- [What is being asked]: When you reach the entries below, transcribe each line word for word.

(Dataset entries)
· · ·

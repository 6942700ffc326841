-- ===== src/SafeDrop/UnionFind/Alone.antt =====
-- Values that share their root with no other.
use rapx_log.Prelude.{
  ℕ, zero, suc, ◌+◌, ◌≤◌, ◌<◌, ◌≡◌, refl, sym, ◌∙◌, ap, subst, ◌≢◌, ◌↔◌, inl, inr, ◌==◌, Bool, true,
  false, Bool-cases, List, length, ok, arith,
}
use mathlib.Core.Bool.{false≢true}
use native.Mathlib.Decide.{ℕ_discrete}
use rapx_log.SafeDrop.UnionFind.{has_alias_from, union_has_alias}
use rapx_log.SafeDrop.UnionFind.Roots.{IsForest, Root, Root-lt, union_is_same-Root}

-- A value other than `e`, from `i` on, that has the root of `e`.
abbrev Partner : List ℕ → ℕ → ℕ → Type 0
Partner a e i = (x : ℕ) × (r : ℕ) × (i ≤ x) × (x ≢ e) × Root a e r × Root a x r

-- The loop finds a partner exactly if there is one among the values from `i` on.
has_alias_from_lem :
    (a : List ℕ) (e left i : ℕ)
    → IsForest a
    → e < length a
    → i + left ≡ length a
    → (b : Bool) × (has_alias_from a e left i ≡ ok b) × ((b ≡ true) ↔ Partner a e i)
unfolding has_alias_from
has_alias_from_lem a e zero i forest lt total =
    (false, refl, (λ h. cc, λ (x, r, ge, ne, we, wx). absurd (omega (arith, Root-lt a wx))))
has_alias_from_lem a e (suc left) i forest lt total =
    let (b, run, (found, all)) = has_alias_from_lem a e left (i + 1) forest lt (omega arith) in
    let (c, same, iff) = union_is_same-Root a forest e i lt (omega arith) in
    elim (Bool-cases (i == e)) [
      | inl self ↦ (
        b,
        rw self run,
        (λ h. later (found h), λ (x, r, ge, ne, we, wx). all (x, r, ground arith, ne, we, wx)),
      )
      | inr other ↦ elim (Bool-cases c) [
        | inl yes_ ↦ (
          true,
          rw (other, same ∙ ap ok yes_),
          (
            λ h. let (r, we, wi) = iff.0 yes_ in (i, r, omega arith, ground arith, we, wi),
            λ p. refl,
          ),
        )
        | inr no_ ↦ (
          b,
          rw (other, same ∙ ap ok no_) run,
          (
            λ h. later (found h),
            λ (x, r, ge, ne, we, wx). elim (ℕ_discrete i x) [
              | yes at_i ↦
                  absurd
                    (false≢true (sym no_ ∙ iff.1 (r, we, subst (λ k. Root a k r) (sym at_i) wx)))
              | no past ↦ all (x, r, omega arith, ne, we, wx)
            ],
          ),
        )
      ]
    ]
  where
    later : Partner a e (i + 1) → Partner a e i
    later (x, r, ge, ne, we, wx) = (x, r, omega arith, ne, we, wx)

-- On a forest `union_has_alias` of a value in range returns, and it says yes exactly if another
-- value has the same root.
pub union_has_alias-alone :
    (a : List ℕ) (e : ℕ)
    → IsForest a
    → e < length a
    → (b : Bool) × (union_has_alias a e ≡ ok b)
      × ((b ≡ true) ↔ ((x : ℕ) × (r : ℕ) × (x ≢ e) × Root a e r × Root a x r))
unfolding union_has_alias
union_has_alias-alone a e forest lt =
    let (b, run, (found, all)) = has_alias_from_lem a e (length a) 0 forest lt (omega arith) in
    (
      b,
      run,
      (
        λ h. let (x, r, ge, ne, we, wx) = found h in (x, r, ne, we, wx),
        λ (x, r, ne, we, wx). all (x, r, omega arith, ne, we, wx),
      ),
    )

· · ·

- [Output below]:
repository 6942700ffc326841
-- ===== src/SafeDrop/UnionFind/Alone.antt =====
-- Values that share their root with no other.
use rapx_log.Prelude.{
  ℕ, zero, suc, ◌+◌, ◌≤◌, ◌<◌, ◌≡◌, refl, sym, ◌∙◌, ap, subst, ◌≢◌, ◌↔◌, inl, inr, ◌==◌, Bool, true,
  false, Bool-cases, List, length, ok, arith,
}
use mathlib.Core.Bool.{false≢true}
use native.Mathlib.Decide.{ℕ_discrete}
use rapx_log.SafeDrop.UnionFind.{has_alias_from, union_has_alias}
use rapx_log.SafeDrop.UnionFind.Roots.{IsForest, Root, Root-lt, union_is_same-Root}

-- A value other than `e`, from `i` on, that has the root of `e`.
abbrev Partner : List ℕ → ℕ → ℕ → Type 0
Partner a e i = (x : ℕ) × (r : ℕ) × (i ≤ x) × (x ≢ e) × Root a e r × Root a x r

-- The loop finds a partner exactly if there is one among the values from `i` on.
has_alias_from_lem :
    (a : List ℕ) (e left i : ℕ)
    → IsForest a
    → e < length a
    → i + left ≡ length a
    → (b : Bool) × (has_alias_from a e left i ≡ ok b) × ((b ≡ true) ↔ Partner a e i)
unfolding has_alias_from
has_alias_from_lem a e zero i forest lt total =
    (false, refl, (λ h. cc, λ (x, r, ge, ne, we, wx). absurd (omega (arith, Root-lt a wx))))
has_alias_from_lem a e (suc left) i forest lt total =
    let (b, run, (found, all)) = has_alias_from_lem a e left (i + 1) forest lt (omega arith) in
    let (c, same, iff) = union_is_same-Root a forest e i lt (omega arith) in
    elim (Bool-cases (i == e)) [
      | inl self ↦ (
        b,
        rw self run,
        (λ h. later (found h), λ (x, r, ge, ne, we, wx). all (x, r, ground arith, ne, we, wx)),
      )
      | inr other ↦ elim (Bool-cases c) [
        | inl yes_ ↦ (
          true,
          rw (other, same ∙ ap ok yes_),
          (
            λ h. let (r, we, wi) = iff.0 yes_ in (i, r, omega arith, ground arith, we, wi),
            λ p. refl,
          ),
        )
        | inr no_ ↦ (
          b,
          rw (other, same ∙ ap ok no_) run,
          (
            λ h. later (found h),
            λ (x, r, ge, ne, we, wx). elim (ℕ_discrete i x) [
              | yes at_i ↦
                  absurd
                    (false≢true (sym no_ ∙ iff.1 (r, we, subst (λ k. Root a k r) (sym at_i) wx)))
              | no past ↦ all (x, r, omega arith, ne, we, wx)
            ],
          ),
        )
      ]
    ]
  where
    later : Partner a e (i + 1) → Partner a e i
    later (x, r, ge, ne, we, wx) = (x, r, omega arith, ne, we, wx)

-- On a forest `union_has_alias` of a value in range returns, and it says yes exactly if another
-- value has the same root.
pub union_has_alias-alone :
    (a : List ℕ) (e : ℕ)
    → IsForest a
    → e < length a
    → (b : Bool) × (union_has_alias a e ≡ ok b)
      × ((b ≡ true) ↔ ((x : ℕ) × (r : ℕ) × (x ≢ e) × Root a e r × Root a x r))
unfolding union_has_alias
union_has_alias-alone a e forest lt =
    let (b, run, (found, all)) = has_alias_from_lem a e (length a) 0 forest lt (omega arith) in
    (
      b,
      run,
      (
        λ h. let (x, r, ge, ne, we, wx) = found h in (x, r, ne, we, wx),
        λ (x, r, ne, we, wx). all (x, r, omega arith, ne, we, wx),
      ),
    )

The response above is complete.